Start of Block

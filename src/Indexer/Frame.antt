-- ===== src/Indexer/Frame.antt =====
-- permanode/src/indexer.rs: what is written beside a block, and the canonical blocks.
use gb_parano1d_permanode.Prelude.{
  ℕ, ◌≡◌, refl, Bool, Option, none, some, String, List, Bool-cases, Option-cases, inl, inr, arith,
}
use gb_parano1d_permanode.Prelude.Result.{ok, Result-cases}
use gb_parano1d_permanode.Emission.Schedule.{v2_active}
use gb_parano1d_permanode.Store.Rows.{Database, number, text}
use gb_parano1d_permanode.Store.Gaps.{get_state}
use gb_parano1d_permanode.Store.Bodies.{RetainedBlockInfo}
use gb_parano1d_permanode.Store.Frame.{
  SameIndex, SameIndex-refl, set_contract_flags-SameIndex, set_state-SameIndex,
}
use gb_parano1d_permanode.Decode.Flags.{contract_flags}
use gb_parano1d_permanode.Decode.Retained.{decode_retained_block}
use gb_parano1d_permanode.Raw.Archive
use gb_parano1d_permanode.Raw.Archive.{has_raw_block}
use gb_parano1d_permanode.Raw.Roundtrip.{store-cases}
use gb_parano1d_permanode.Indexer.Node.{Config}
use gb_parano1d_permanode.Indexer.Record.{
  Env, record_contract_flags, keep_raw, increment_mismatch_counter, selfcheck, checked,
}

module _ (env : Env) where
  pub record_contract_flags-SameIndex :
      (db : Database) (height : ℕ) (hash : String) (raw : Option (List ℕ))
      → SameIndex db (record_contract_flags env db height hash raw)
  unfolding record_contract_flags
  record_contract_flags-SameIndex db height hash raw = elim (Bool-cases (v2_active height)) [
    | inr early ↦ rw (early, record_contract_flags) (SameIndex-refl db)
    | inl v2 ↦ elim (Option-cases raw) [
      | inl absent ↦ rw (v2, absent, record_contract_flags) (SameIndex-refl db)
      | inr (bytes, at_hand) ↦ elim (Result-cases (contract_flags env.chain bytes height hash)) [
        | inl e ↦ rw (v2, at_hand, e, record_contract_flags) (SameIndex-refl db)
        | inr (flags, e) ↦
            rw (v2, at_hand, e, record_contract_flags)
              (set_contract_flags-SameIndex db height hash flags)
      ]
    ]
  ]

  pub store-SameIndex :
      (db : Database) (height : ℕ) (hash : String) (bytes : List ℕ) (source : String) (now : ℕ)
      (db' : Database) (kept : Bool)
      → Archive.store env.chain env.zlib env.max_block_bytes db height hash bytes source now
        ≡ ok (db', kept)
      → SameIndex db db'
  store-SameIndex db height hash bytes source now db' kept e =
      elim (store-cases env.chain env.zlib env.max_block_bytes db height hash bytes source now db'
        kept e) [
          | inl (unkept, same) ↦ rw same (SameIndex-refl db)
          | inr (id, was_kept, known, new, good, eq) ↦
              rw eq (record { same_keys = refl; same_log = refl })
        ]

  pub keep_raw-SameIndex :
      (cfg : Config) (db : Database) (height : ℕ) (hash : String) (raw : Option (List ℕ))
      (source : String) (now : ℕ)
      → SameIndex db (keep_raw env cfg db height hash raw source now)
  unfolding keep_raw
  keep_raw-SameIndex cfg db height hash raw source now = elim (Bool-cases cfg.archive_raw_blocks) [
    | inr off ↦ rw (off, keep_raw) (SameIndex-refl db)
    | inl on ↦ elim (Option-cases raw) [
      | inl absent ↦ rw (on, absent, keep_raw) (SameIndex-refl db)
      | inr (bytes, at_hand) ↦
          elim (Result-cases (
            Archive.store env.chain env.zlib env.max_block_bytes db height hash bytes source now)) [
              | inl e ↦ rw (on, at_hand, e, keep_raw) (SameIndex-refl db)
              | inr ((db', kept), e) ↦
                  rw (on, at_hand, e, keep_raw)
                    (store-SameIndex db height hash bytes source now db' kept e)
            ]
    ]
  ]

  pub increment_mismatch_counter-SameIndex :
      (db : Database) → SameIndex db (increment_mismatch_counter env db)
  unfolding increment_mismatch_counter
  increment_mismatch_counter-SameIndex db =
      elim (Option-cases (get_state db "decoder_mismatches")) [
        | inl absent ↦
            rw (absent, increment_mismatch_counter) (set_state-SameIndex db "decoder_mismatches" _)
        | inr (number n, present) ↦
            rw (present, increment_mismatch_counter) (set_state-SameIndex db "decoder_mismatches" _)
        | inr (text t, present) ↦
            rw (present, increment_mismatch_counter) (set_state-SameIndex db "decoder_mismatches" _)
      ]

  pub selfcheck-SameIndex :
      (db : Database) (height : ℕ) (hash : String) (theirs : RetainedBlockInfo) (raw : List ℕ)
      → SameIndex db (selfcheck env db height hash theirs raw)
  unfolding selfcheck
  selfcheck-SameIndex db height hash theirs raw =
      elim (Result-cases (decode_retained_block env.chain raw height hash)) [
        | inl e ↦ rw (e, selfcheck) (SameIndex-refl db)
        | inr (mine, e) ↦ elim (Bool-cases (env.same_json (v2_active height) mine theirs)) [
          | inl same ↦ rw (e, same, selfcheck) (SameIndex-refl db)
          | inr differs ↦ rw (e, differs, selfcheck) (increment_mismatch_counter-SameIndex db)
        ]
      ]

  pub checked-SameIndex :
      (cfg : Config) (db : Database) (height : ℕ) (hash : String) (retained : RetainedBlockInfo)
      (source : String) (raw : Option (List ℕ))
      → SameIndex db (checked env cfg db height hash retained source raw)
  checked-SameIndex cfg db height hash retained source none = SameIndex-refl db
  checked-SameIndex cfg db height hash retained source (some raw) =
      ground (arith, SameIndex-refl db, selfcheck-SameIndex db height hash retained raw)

End of Block
Start of Block

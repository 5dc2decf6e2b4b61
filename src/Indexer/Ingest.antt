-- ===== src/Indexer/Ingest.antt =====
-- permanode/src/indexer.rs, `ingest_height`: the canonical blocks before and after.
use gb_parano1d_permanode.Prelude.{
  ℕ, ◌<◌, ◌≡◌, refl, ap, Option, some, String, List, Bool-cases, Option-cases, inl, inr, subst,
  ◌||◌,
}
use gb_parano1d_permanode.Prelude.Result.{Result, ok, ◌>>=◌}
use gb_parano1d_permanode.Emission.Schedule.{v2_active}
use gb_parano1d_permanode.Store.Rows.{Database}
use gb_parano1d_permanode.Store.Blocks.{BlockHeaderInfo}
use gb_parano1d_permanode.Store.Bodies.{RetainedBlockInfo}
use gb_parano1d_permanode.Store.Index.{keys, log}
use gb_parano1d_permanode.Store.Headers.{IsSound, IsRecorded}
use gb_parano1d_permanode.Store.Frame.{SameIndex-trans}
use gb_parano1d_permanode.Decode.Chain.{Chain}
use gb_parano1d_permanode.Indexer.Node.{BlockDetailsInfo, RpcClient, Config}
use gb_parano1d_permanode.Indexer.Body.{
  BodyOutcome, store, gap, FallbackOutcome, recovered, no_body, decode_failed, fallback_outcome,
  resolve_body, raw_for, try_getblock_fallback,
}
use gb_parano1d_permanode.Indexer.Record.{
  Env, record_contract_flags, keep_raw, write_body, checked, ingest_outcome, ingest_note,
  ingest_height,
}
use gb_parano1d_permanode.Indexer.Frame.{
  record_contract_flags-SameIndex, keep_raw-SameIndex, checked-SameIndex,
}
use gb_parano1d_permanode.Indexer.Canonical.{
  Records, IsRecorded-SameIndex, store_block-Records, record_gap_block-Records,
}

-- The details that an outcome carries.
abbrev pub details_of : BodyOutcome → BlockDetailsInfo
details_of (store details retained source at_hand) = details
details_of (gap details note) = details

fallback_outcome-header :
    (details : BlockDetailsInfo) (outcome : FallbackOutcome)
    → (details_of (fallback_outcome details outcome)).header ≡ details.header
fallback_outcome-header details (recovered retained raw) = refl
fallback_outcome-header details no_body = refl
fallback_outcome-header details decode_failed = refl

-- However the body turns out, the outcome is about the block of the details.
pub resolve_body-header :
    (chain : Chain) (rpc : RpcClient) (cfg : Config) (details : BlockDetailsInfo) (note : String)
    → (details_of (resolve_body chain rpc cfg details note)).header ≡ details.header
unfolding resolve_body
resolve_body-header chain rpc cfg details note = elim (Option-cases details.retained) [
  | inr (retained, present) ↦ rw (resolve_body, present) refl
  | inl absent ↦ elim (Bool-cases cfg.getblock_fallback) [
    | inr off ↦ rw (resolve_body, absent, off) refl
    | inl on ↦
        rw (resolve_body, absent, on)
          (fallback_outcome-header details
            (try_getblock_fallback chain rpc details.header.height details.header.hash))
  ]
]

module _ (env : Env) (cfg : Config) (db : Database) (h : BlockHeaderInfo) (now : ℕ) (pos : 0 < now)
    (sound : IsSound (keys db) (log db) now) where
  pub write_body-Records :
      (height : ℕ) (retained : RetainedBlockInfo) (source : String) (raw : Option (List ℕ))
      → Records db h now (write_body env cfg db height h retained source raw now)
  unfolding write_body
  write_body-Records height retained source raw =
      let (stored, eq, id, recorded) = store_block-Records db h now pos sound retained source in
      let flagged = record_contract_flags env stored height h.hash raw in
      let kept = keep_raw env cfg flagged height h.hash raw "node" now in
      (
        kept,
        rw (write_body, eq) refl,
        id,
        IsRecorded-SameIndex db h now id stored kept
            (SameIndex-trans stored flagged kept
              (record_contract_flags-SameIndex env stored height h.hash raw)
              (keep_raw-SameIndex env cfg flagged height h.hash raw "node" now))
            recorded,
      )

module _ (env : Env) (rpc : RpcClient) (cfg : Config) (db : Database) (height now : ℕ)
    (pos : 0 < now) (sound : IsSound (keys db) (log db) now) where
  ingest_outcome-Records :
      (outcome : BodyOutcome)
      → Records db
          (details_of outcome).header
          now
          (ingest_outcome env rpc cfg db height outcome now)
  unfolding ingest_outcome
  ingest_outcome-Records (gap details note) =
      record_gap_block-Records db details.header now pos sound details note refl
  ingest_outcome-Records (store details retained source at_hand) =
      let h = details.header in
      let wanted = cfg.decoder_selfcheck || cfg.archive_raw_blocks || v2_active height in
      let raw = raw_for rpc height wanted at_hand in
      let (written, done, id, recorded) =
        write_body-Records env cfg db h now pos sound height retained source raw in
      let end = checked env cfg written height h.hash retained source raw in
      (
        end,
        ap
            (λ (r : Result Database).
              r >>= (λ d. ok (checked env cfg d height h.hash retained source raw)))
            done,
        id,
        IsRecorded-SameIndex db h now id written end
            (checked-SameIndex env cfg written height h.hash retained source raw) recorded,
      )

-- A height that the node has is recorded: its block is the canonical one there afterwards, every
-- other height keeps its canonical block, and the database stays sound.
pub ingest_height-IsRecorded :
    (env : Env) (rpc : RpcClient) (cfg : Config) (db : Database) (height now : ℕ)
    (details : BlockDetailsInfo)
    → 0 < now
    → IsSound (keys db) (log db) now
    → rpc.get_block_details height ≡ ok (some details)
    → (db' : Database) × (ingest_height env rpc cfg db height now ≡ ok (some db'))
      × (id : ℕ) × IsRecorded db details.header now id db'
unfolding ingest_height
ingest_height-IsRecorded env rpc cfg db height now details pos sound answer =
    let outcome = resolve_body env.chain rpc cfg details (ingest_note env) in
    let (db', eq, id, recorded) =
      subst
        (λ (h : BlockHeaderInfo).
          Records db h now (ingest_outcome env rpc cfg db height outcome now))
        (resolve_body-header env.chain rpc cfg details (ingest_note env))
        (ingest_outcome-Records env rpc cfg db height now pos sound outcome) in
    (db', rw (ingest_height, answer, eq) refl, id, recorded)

End of Block

#### Task to complete:
An answer is complete only when it holds every line above containing the string "BlockHeaderInfo".

#### Output for this task:
use gb_parano1d_permanode.Store.Blocks.{BlockHeaderInfo}
module _ (env : Env) (cfg : Config) (db : Database) (h : BlockHeaderInfo) (now : ℕ) (pos : 0 < now)
        (λ (h : BlockHeaderInfo).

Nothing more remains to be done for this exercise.